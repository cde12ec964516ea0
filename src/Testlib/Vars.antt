-- ===== src/Testlib/Vars.antt =====
-- netrix/testlib/lib.go (netrix/types/varset.go is a copy): the variables of a test case. Counters and
-- message sets are pointers in Go: here they are addresses of cells, so that two labels can share one.
use tendermint_testing.Base.{
  ℕ, String, Bool, List, [], ◌∷◌, ◌++◌, Option, none, some, length, get_elem?, set, modify, is_some,
  string_eq,
}
use tendermint_testing.Base.GoMap.{GoMap, lookup, insert}
use tendermint_testing.Base.Int.{ℤ, pos, incr_int}
use tendermint_testing.Types.Messages.{Message, MessageStore}
use tendermint_testing.Testlib.Partition.{ReplicaPartition}

-- What an interface{} holds; `other` is a value of any other type.
pub data Value (P : Type 0) : Type 0 where
  int : ℤ → Value P
  text : String → Value P
  bool : Bool → Value P
  counter : ℕ → Value P
  message_set : ℕ → Value P
  message : Message P → Value P
  partition : ReplicaPartition → Value P
  other : String → Value P

pub record VarSet (P : Type 0) : Type 0 where
  pub vars : GoMap String (Value P)
  pub counters : List ℤ
  pub sets : List (MessageStore P)

unfoldable pub new_var_set : (P : Type 0) → VarSet P
new_var_set P = record { vars = []; counters = []; sets = [] }

module _ {P : Type 0} where
  unfoldable pub get : VarSet P → String → Option (Value P)
  get v label = lookup label v.vars

  abbrev pub as_int : Option (Value P) → Option ℤ
  as_int (some (int n)) = some n
  as_int _ = none

  unfoldable pub get_int : VarSet P → String → Option ℤ
  get_int v label = as_int (lookup label v.vars)

  abbrev pub as_text : Option (Value P) → Option String
  as_text (some (text s)) = some s
  as_text _ = none

  unfoldable pub get_string : VarSet P → String → Option String
  get_string v label = as_text (lookup label v.vars)

  abbrev pub as_bool : Option (Value P) → Option Bool
  as_bool (some (bool b)) = some b
  as_bool _ = none

  unfoldable pub get_bool : VarSet P → String → Option Bool
  get_bool v label = as_bool (lookup label v.vars)

  unfoldable pub set_var : VarSet P → String → Value P → VarSet P
  set_var v label value = record v { vars = insert label value v.vars }

  unfoldable pub exists : VarSet P → String → Bool
  exists v label = is_some (lookup label v.vars)

  -- NewCounter: a cell that holds 0.
  unfoldable pub new_counter : VarSet P → VarSet P × ℕ
  new_counter v = (record v { counters = v.counters ++ pos 0 ∷ [] }, length v.counters)

  unfoldable pub set_counter : VarSet P → String → VarSet P
  unfolding new_counter
  set_counter v label =
      let (v', c) = new_counter v in record v' { vars = insert label (counter c) v'.vars }

  abbrev pub as_counter : Option (Value P) → Option ℕ
  as_counter (some (counter c)) = some c
  as_counter _ = none

  unfoldable pub get_counter : VarSet P → String → Option ℕ
  get_counter v label = as_counter (lookup label v.vars)

  unfoldable pub new_message_set : VarSet P → String → VarSet P
  new_message_set v label = record v {
    vars = insert label (message_set (length v.sets)) v.vars;
    sets = v.sets ++ [] ∷ [];
  }

  abbrev pub as_set : Option (Value P) → Option ℕ
  as_set (some (message_set c)) = some c
  as_set _ = none

  unfoldable pub get_message_set : VarSet P → String → Option ℕ
  get_message_set v label = as_set (lookup label v.vars)

  -- The methods of a counter, at its address.
  unfoldable pub set_value : VarSet P → ℕ → ℤ → VarSet P
  set_value v c n = record v { counters = set v.counters c n }

  unfoldable pub incr : VarSet P → ℕ → VarSet P
  incr v c = record v { counters = modify incr_int v.counters c }

  unfoldable pub value : VarSet P → ℕ → Option ℤ
  value v c = get_elem? v.counters c

  -- A message set, at its address.
  unfoldable pub set_at : VarSet P → ℕ → Option (MessageStore P)
  set_at v s = get_elem? v.sets s
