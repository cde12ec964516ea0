-- ===== src/Types/Reports.antt =====
-- netrix/types/reports.go (testlib/reports.go is a copy): the log of important events. `none` is a
-- panic. How far a Go slice can be extended is its capacity, which the runtime chooses: it is the
-- argument `capacity`, and what lies past the length is a nil pointer.
pub mod Queries
use tendermint_testing.Base.{
  ℕ, zero, suc, ◌+◌, ◌-◌, ◌%◌, ◌≡◌, refl, String, Bool, true, false, List, [], ◌∷◌, ◌++◌, map,
  Option, none, some, if◌then◌else◌, leb, ltb, length, take, drop, replicate, ◌==◌, string_eq,
  nat_eq,
}
use tendermint_testing.Base.GoMap.{GoMap, lookup}
use tendermint_testing.Base.Int.{ℤ, pos, negsuc, int_eq}

pub record ReportLog : Type 0 where
  pub id : ℕ  -- uint64
  pub key_val : GoMap String String

-- One key of the query: a key that the log does not have passes.
abbrev pub agrees : Option String → String → Bool
agrees none v = true
agrees (some c) v = c == v

unfoldable pub matches : ReportLog → GoMap String String → Bool
matches r [] = true
matches r ((k, v) ∷ rest) = if agrees (lookup k r.key_val) v then matches r rest else false

pub record ReportStore : Type 0 where
  pub logs : List ReportLog
  pub size : ℕ  -- uint64

unfoldable pub new_report_store : ReportStore
new_report_store = record { logs = []; size = 0 }

unfoldable pub log : ReportStore → GoMap String String → ReportStore
log r key_vals = record {
  logs = r.logs ++ record { id = r.size; key_val = key_vals } ∷ [];
  size = (r.size + 1) % 18446744073709551616;
}

-- The loop of filter over the logs that are left, with the size of the result so far.
abbrev pub filter_loop : GoMap String String → ℤ → ℕ → List ReportLog → List ReportLog
filter_loop key_vals count n [] = []
filter_loop key_vals count n (l ∷ ls) =
    let hit = l ∷ filter_loop key_vals count (suc n) ls in
    let miss = filter_loop key_vals count n ls in
    if pos n == count then [] else (if matches l key_vals then hit else miss)

-- A start below 0 reads logs[-1] or the like, unless the loop ends first.
unfoldable pub filter : ReportStore → GoMap String String → ℤ → ℤ → Option (List ReportLog)
filter r key_vals (negsuc i) count = if pos 0 == count then some [] else none
filter r key_vals (pos i) count = some (filter_loop key_vals count 0 (drop i r.logs))

-- logs[from : from + count]
abbrev pub slice : ℕ → List ReportLog → ℤ → ℤ → Option (List (Option ReportLog))
slice capacity logs (pos from) (pos count) =
    if leb (from + count) capacity
    then some (
        map some (take count (drop from logs))
        ++ replicate (count - length (take count (drop from logs))) none)
    else none
slice capacity logs from count = none

abbrev pub default_count : ℤ → ℤ
default_count count = if count == negsuc 0 then pos 100 else count

abbrev pub default_from : ℤ → ℤ
default_from from = if from == negsuc 0 then pos 0 else from

abbrev pub all_found : Option (List ReportLog) → Option (List (Option ReportLog))
all_found none = none
all_found (some ls) = some (map some ls)

unfoldable pub get_logs :
    ℕ → ReportStore → GoMap String String → ℤ → ℤ → Option (List (Option ReportLog))
unfolding filter
get_logs capacity r [] count from = slice capacity r.logs (default_from from) (default_count count)
get_logs capacity r (kv ∷ kvs) count from =
    all_found (filter r (kv ∷ kvs) (default_from from) (default_count count))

=====

How many lines above contain the word "antt"? Reply with only the number.

§ Written answer
3